Tuesday, March 26, 2013

Health Care Fraud Indictments

Tariq Hafeez, Esq.
Thirteen individuals from the metro Detroit area have been charged in a large-scale health care fraud and drug distribution scheme, United States Attorney Barbara L. McQuade announced today.
The superseding indictment, adds 13 new defendants and new charges to a 2011 indictment, which charged Canton Pharmacist Babubhai ‘Bob” Patel with overseeing a massive health care fraud and drug distribution ring at more than 20 pharmacies that he owned and controlled in metro Detroit.
The 21-count superseding indictment charges with prescription fraud involving 26 Michigan pharmacies. The indictment alleges that the defendants participated in a scheme whereby the owners/controllers of the pharmacies provided kickbacks, bribes, and other illegal benefits to physicians to induce those physicians to write prescriptions for patients with Medicare, Medicaid, and private insurance. The prescriptions be presented to one of the defendants’ pharmacies for billing.
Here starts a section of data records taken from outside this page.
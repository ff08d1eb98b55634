-- ===== src/Discounts.antt =====
-- DiscountsService: services/commerce/src/modules/discounts/discounts.service.ts
pub mod Codes
pub mod Bounds
pub mod Spelling
use seapedia.Prelude.{
  ℕ, ◌+◌, ◌-◌, ◌*◌, ◌/◌, Bool, true, false, ◌&&◌, Option, none, some, List, [], ◌∷◌, ◌++◌, min, ltb,
  leb, ◌==◌, is_some, find, update, sort_by, if◌then◌else◌,
}
use seapedia.Db.{
  Voucher, Promo, DiscountType, Code, Db, Result, ok, err, Action, pure, throw, gets, or_throw,
  ◌>>=◌, ◌>>◌, throw_if, modify, not_found, validation, Reason, Env, Error, constraint,
}
use seapedia.Discounts.Codes.{normalize, upper, same_code}

-- The texts 'Rp … flat discount' and '…% discount (max Rp …)'.
pub data Description : Type 0 where
  flat : ℕ → Description
  percentage : ℕ → Option ℕ → Description

pub record DiscountResult : Type 0 where
  pub id : ℕ
  pub kind : DiscountType
  pub code : Code
  pub discount_amount : ℕ
  pub description : Description

abbrev pub has_code : Code → Voucher → Bool
has_code c v = same_code (upper v.code) c

abbrev pub promo_has_code : Code → Promo → Bool
promo_has_code c p = same_code (upper p.code) c

unfoldable pub voucher_result : Voucher → ℕ → DiscountResult
voucher_result v subtotal = record {
  id = v.id;
  kind = DiscountType.voucher;
  code = v.code;
  discount_amount = min v.discount_amount subtotal;
  description = flat v.discount_amount;
}

unfoldable pub use_voucher : Env → Voucher → ℕ → Action DiscountResult
use_voucher env v subtotal = do
  throw_if (ltb v.expires_at env.now) (validation Reason.voucher_expired)
  throw_if (v.remaining_usage == 0) (validation Reason.voucher_used_up)
  throw_if (ltb subtotal v.min_order_amount)
      (validation (Reason.minimum_not_met v.min_order_amount))
  pure (voucher_result v subtotal)

-- `if (promo.maxDiscountAmount != null) …`
abbrev pub capped : Option ℕ → ℕ → ℕ
capped none x = x
capped (some m) x = min x m

-- `promo.maxDiscountAmount ? … : ''`: a cap of 0 is not described.
abbrev described_cap : Option ℕ → Option ℕ
described_cap none = none
described_cap (some m) = if m == 0 then none else some m

unfoldable pub promo_result : Promo → ℕ → DiscountResult
promo_result p subtotal = record {
  id = p.id;
  kind = DiscountType.promo;
  code = p.code;
  discount_amount =
      min (capped p.max_discount_amount (subtotal * p.discount_percent / 100)) subtotal;
  description = percentage p.discount_percent (described_cap p.max_discount_amount);
}

unfoldable pub use_promo : Env → Promo → ℕ → Action DiscountResult
use_promo env p subtotal = do
  throw_if (ltb p.expires_at env.now) (validation Reason.promo_expired)
  throw_if (ltb subtotal p.min_order_amount)
      (validation (Reason.minimum_not_met p.min_order_amount))
  pure (promo_result p subtotal)

-- A voucher of the code comes before a promo of it.
abbrev pub validate_found : Env → Option Voucher → Option Promo → ℕ → Action DiscountResult
validate_found env (some v) _ subtotal = use_voucher env v subtotal
validate_found env none (some p) subtotal = use_promo env p subtotal
validate_found env none none subtotal = throw (not_found Reason.invalid_code)

unfoldable pub validate_code : Env → Code → ℕ → Action DiscountResult
unfolding use_voucher use_promo voucher_result promo_result
validate_code env code subtotal d =
    let c = normalize code in
    validate_found env (find (has_code c) d.vouchers) (find (promo_has_code c) d.promos) subtotal d

abbrev pub is_usable : ℕ → Voucher → Bool
is_usable id v = v.id == id && ltb 0 v.remaining_usage

abbrev pub use_once : Env → Voucher → Voucher
use_once env v = record v { remaining_usage = v.remaining_usage - 1; updated_at = env.now }

-- `decrementVoucherUsage`
unfoldable pub decrement_voucher_usage : Env → ℕ → Action (Unit {0})
decrement_voucher_usage env id = do
  or_throw (← gets (λ d. find (is_usable id) d.vouchers)) (validation Reason.no_usage_left)
  modify (λ d. record d { vouchers = update (is_usable id) (use_once env) d.vouchers })

abbrev insert_voucher : Voucher → Action Voucher
insert_voucher row d = (ok row, record d { vouchers = d.vouchers ++ (row ∷ []) })

-- The column `code` is unique.
unfoldable pub create_voucher :
    Env → Code → (discount_amount min_order_amount expires_at usage : ℕ) → Action Voucher
create_voucher env code amount minimum expires usage = do
  throw_if (is_some (← gets (λ d. find (λ (v : Voucher). same_code v.code code) d.vouchers)))
      constraint
  insert_voucher (record {
    id = env.uuid 0;
    code = code;
    discount_amount = amount;
    min_order_amount = minimum;
    expires_at = expires;
    remaining_usage = usage;
    created_at = env.now;
    updated_at = env.now;
  })

abbrev insert_promo : Promo → Action Promo
insert_promo row d = (ok row, record d { promos = d.promos ++ (row ∷ []) })

unfoldable pub create_promo :
    Env → Code → (percent : ℕ) → (cap : Option ℕ) → (min_order_amount expires_at : ℕ) → Action Promo
create_promo env code percent cap minimum expires = do
  throw_if (is_some (← gets (λ d. find (λ (p : Promo). same_code p.code code) d.promos))) constraint
  insert_promo (record {
    id = env.uuid 0;
    code = code;
    discount_percent = percent;
    max_discount_amount = cap;
    min_order_amount = minimum;
    expires_at = expires;
    created_at = env.now;
    updated_at = env.now;
  })

unfoldable pub list_vouchers : Action (List Voucher)
list_vouchers = gets (λ d. sort_by (λ (v w : Voucher). leb w.created_at v.created_at) d.vouchers)

unfoldable pub get_voucher : ℕ → Action Voucher
get_voucher id = do
  or_throw (← gets (λ d. find (λ (v : Voucher). v.id == id) d.vouchers))
      (not_found Reason.voucher_missing)

unfoldable pub list_promos : Action (List Promo)
list_promos = gets (λ d. sort_by (λ (p q : Promo). leb q.created_at p.created_at) d.promos)

unfoldable pub get_promo : ℕ → Action Promo
get_promo id = do
  or_throw (← gets (λ d. find (λ (p : Promo). p.id == id) d.promos))
      (not_found Reason.promo_missing)
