-- ===== src/Checkout/Place.antt =====
-- `createOrder`: the transaction of OrdersCheckoutService, step by step.
use seapedia.Prelude.{
  ℕ, ◌+◌, Bool, true, false, ◌&&◌, Option, none, some, List, [], ◌∷◌, ◌++◌, neg, ltb, ◌==◌, find,
  delete, update,
}
use seapedia.Db.{
  Address, Cart, CartItem, Order, OrderItem, StatusHistory, WalletTransaction, DeliveryMethod,
  DiscountType, TransactionType, Reference, Code, sedang_dikemas, Action, pure, gets, or_throw,
  transaction, ◌>>=◌, ◌>>◌, throw_if, modify, not_found, validation, out_of_range, max_int, Reason,
  Env,
}
use seapedia.Wallet.{get_or_create_wallet, debit_wallet, post_transaction}
use seapedia.Discounts.{DiscountResult, validate_code, decrement_voucher_usage}
use seapedia.Checkout.Totals.{Fees, Totals, calculate_totals}
use seapedia.Checkout.Items.{CheckoutItem, checkout_items, subtotal_of, reserve_stock}

abbrev pub is_address_of : ℕ → ℕ → Address → Bool
is_address_of user id a = a.id == id && a.user_id == user

abbrev pub is_cart_of : ℕ → Cart → Bool
is_cart_of buyer c = c.buyer_id == buyer

-- What steps 1 to 3 read.
pub record Quote : Type 0 where
  pub address : Address
  pub cart_id : ℕ
  pub store_id : ℕ
  pub items : List CheckoutItem
  pub discount : Option DiscountResult
  pub totals : Totals

abbrev pub discount_amount_of : Option DiscountResult → ℕ
discount_amount_of none = 0
discount_amount_of (some r) = r.discount_amount

abbrev pub code_of : Option DiscountResult → Option Code
code_of none = none
code_of (some r) = some r.code

abbrev pub type_of : Option DiscountResult → Option DiscountType
type_of none = none
type_of (some r) = some r.kind

-- `if (discountCode)`: no code and the empty one give no discount.
abbrev pub find_discount : Env → Option Code → ℕ → Action (Option DiscountResult)
find_discount env none subtotal = pure none
find_discount env (some []) subtotal = pure none
find_discount env (some (c ∷ cs)) subtotal = do
  r ← validate_code env (c ∷ cs) subtotal
  pure (some r)

abbrev pub cart_store : Option Cart → Option (ℕ × ℕ)
cart_store none = none
cart_store (some c) = elim c.store_id [ none ↦ none | some s ↦ some (c.id, s) ]

abbrev pub is_empty {ℓ} : {A : Type ℓ} → List A → Bool
is_empty [] = true
is_empty (_ ∷ _) = false

-- The items of the cart, and the totals.
unfoldable pub quote_cart :
    Fees → Env → DeliveryMethod → Option Code → Address → ℕ × ℕ → Action Quote
quote_cart fees env method code address (cart, store) = do
  items ← gets (λ d. checkout_items d cart)
  throw_if (is_empty items) (validation Reason.cart_empty)
  discount ← find_discount env code (subtotal_of items)
  pure (record {
    address = address;
    cart_id = cart;
    store_id = store;
    items = items;
    discount = discount;
    totals = calculate_totals fees (subtotal_of items) method (discount_amount_of discount);
  })

-- Steps 1 to 3: the address, the cart with its items, and the totals.
unfoldable pub quote : Fees → Env → ℕ → DeliveryMethod → ℕ → Option Code → Action Quote
quote fees env buyer method address_id code = do
  address ←
      or_throw (← gets (λ d. find (is_address_of buyer address_id) d.addresses))
        (not_found Reason.address_not_owned)
  cart ←
      or_throw (← gets (λ d. cart_store (find (is_cart_of buyer) d.carts)))
        (validation Reason.cart_uninitialised)
  quote_cart fees env method code address cart

-- Step 6.5.
abbrev pub use_discount : Env → Option DiscountResult → Action (Unit {0})
use_discount env none = pure tt
use_discount env (some r) = elim r.kind [
  | DiscountType.voucher ↦ decrement_voucher_usage env r.id
  | DiscountType.promo ↦ pure tt
]

-- Steps 6, 6.5 and 7: the wallet pays.
unfoldable pub pay : Env → ℕ → Option DiscountResult → ℕ → Action WalletTransaction
unfolding debit_wallet post_transaction decrement_voucher_usage
pay env wallet discount amount = do
  debit_wallet env wallet amount (validation Reason.balance_changed)
  use_discount env discount
  post_transaction env (env.uuid 1) wallet (neg amount) TransactionType.payment
      (Reference.pay_ref env.random)

unfoldable pub order_of : Env → ℕ → DeliveryMethod → Quote → Order
order_of env buyer method q = record {
  id = env.uuid 2;
  buyer_id = buyer;
  store_id = q.store_id;
  delivery_method = method;
  subtotal = subtotal_of q.items;
  discount_amount = discount_amount_of q.discount;
  discount_code = code_of q.discount;
  discount_type = type_of q.discount;
  delivery_fee = q.totals.delivery_fee;
  ppn = q.totals.ppn;
  total_amount = q.totals.total_amount;
  status = sedang_dikemas;
  address_snapshot = q.address;
  created_at = env.now;
  updated_at = env.now;
}

-- Step 10; the rows draw the uuids from `n` on.
unfoldable pub order_items_of : Env → ℕ → ℕ → List CheckoutItem → List OrderItem
order_items_of env order n [] = []
order_items_of env order n (i ∷ is) =
    record {
      id = env.uuid n;
      order_id = order;
      product_id = some i.product_id;
      product_name = i.name;
      product_price = i.price;
      quantity = i.quantity;
    }
    ∷ order_items_of env order (n + 1) is

abbrev pub packed_note : Env → ℕ → StatusHistory
packed_note env order = record {
  id = env.uuid 3;
  order_id = order;
  status = sedang_dikemas;
  note = some "Order successfully created. Payment completed via wallet.";
  created_at = env.now;
}

abbrev pub is_cart : ℕ → Cart → Bool
is_cart id c = c.id == id

abbrev pub free_cart : Env → Cart → Cart
free_cart env c = record c { store_id = none; updated_at = env.now }

abbrev pub is_item_of : ℕ → CartItem → Bool
is_item_of cart i = i.cart_id == cart

-- Steps 8 to 12. The other amounts of the order are at most the total, which the wallet held.
unfoldable pub record_order : Env → ℕ → DeliveryMethod → Quote → Action Order
unfolding order_of order_items_of
record_order env buyer method q = do
  let order = order_of env buyer method q
  throw_if (ltb max_int order.subtotal) out_of_range
  modify (λ d. record d {
    orders = d.orders ++ (order ∷ []);
    order_items = d.order_items ++ order_items_of env order.id 4 q.items;
    order_status_history = d.order_status_history ++ (packed_note env order.id ∷ []);
    cart_items = delete (is_item_of q.cart_id) d.cart_items;
    carts = update (is_cart q.cart_id) (free_cart env) d.carts;
  })
  pure order

-- The body of the transaction.
unfoldable pub place : Fees → Env → ℕ → DeliveryMethod → ℕ → Option Code → Action Order
place fees env buyer method address_id code = do
  q ← quote fees env buyer method address_id code
  wallet ← get_or_create_wallet env buyer
  throw_if (ltb wallet.balance q.totals.total_amount) (validation Reason.insufficient_balance)
  reserve_stock env q.items
  pay env wallet.id q.discount q.totals.total_amount
  record_order env buyer method q

unfoldable pub create_order : Fees → Env → ℕ → DeliveryMethod → ℕ → Option Code → Action Order
unfolding place
create_order fees env buyer method address_id code =
    transaction (place fees env buyer method address_id code)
In exchange for their kickbacks and inducements, the physicians would write prescriptions for the patients and bill the relevant insurers for services supposedly provided to the patients without regard to the medical necessity of those prescriptions and services. The physicians would direct the patients to fill their prescriptions at one of the defendant owned pharmacies, where defendants would bill insurers, including Medicare, Medicaid, and private insurers, for dispensing the medications, despite the fact that the medications were medically unnecessary and, in many cases, never provided. Patients were recruited into the scheme by patient recruiters or “marketers,” who would pay kickbacks and bribes to patients in exchange for the patients’ permitting the defendants’ pharmacies and the defendant physicians to bill their insurance for medications and services that were medically unnecessary and/or never provided.
The indictment further alleges a conspiracy to distribute controlled substances at the defendants’  pharmacies to facilitate the submission of false and fraudulent claims to Medicare, Medicaid, and private insurers. According to the indictment, defendants paid physicians kickbacks for prescriptions for controlled substances for their patients and directed those patients to fill the prescriptions at defendants owned/controlled pharmacies. The controlled substances included the Schedule II drug oxycodone (Oxycontin), the Schedule III drug hydrocodone (Vicodin, Lortab), the Schedule IV drug alprazolam (Xanax), and the Schedule V drug cough syrup with codeine. According to the indictment, prescriptions for these drugs were written outside the course of legitimate medical practice. 
This most recent indictment falls in line with the federal government’s increased investigation and prosecution of health care fraud across the country.  In May 2009, the Department of Health and Human Services (HHS) and the Department of Justice (DOJ) created the Health Care Fraud Prevention and Enforcement Action Team (HEAT), making the fight against health care fraud a Cabinet-level position. The Heat task force is focused on nine cities including Detroit.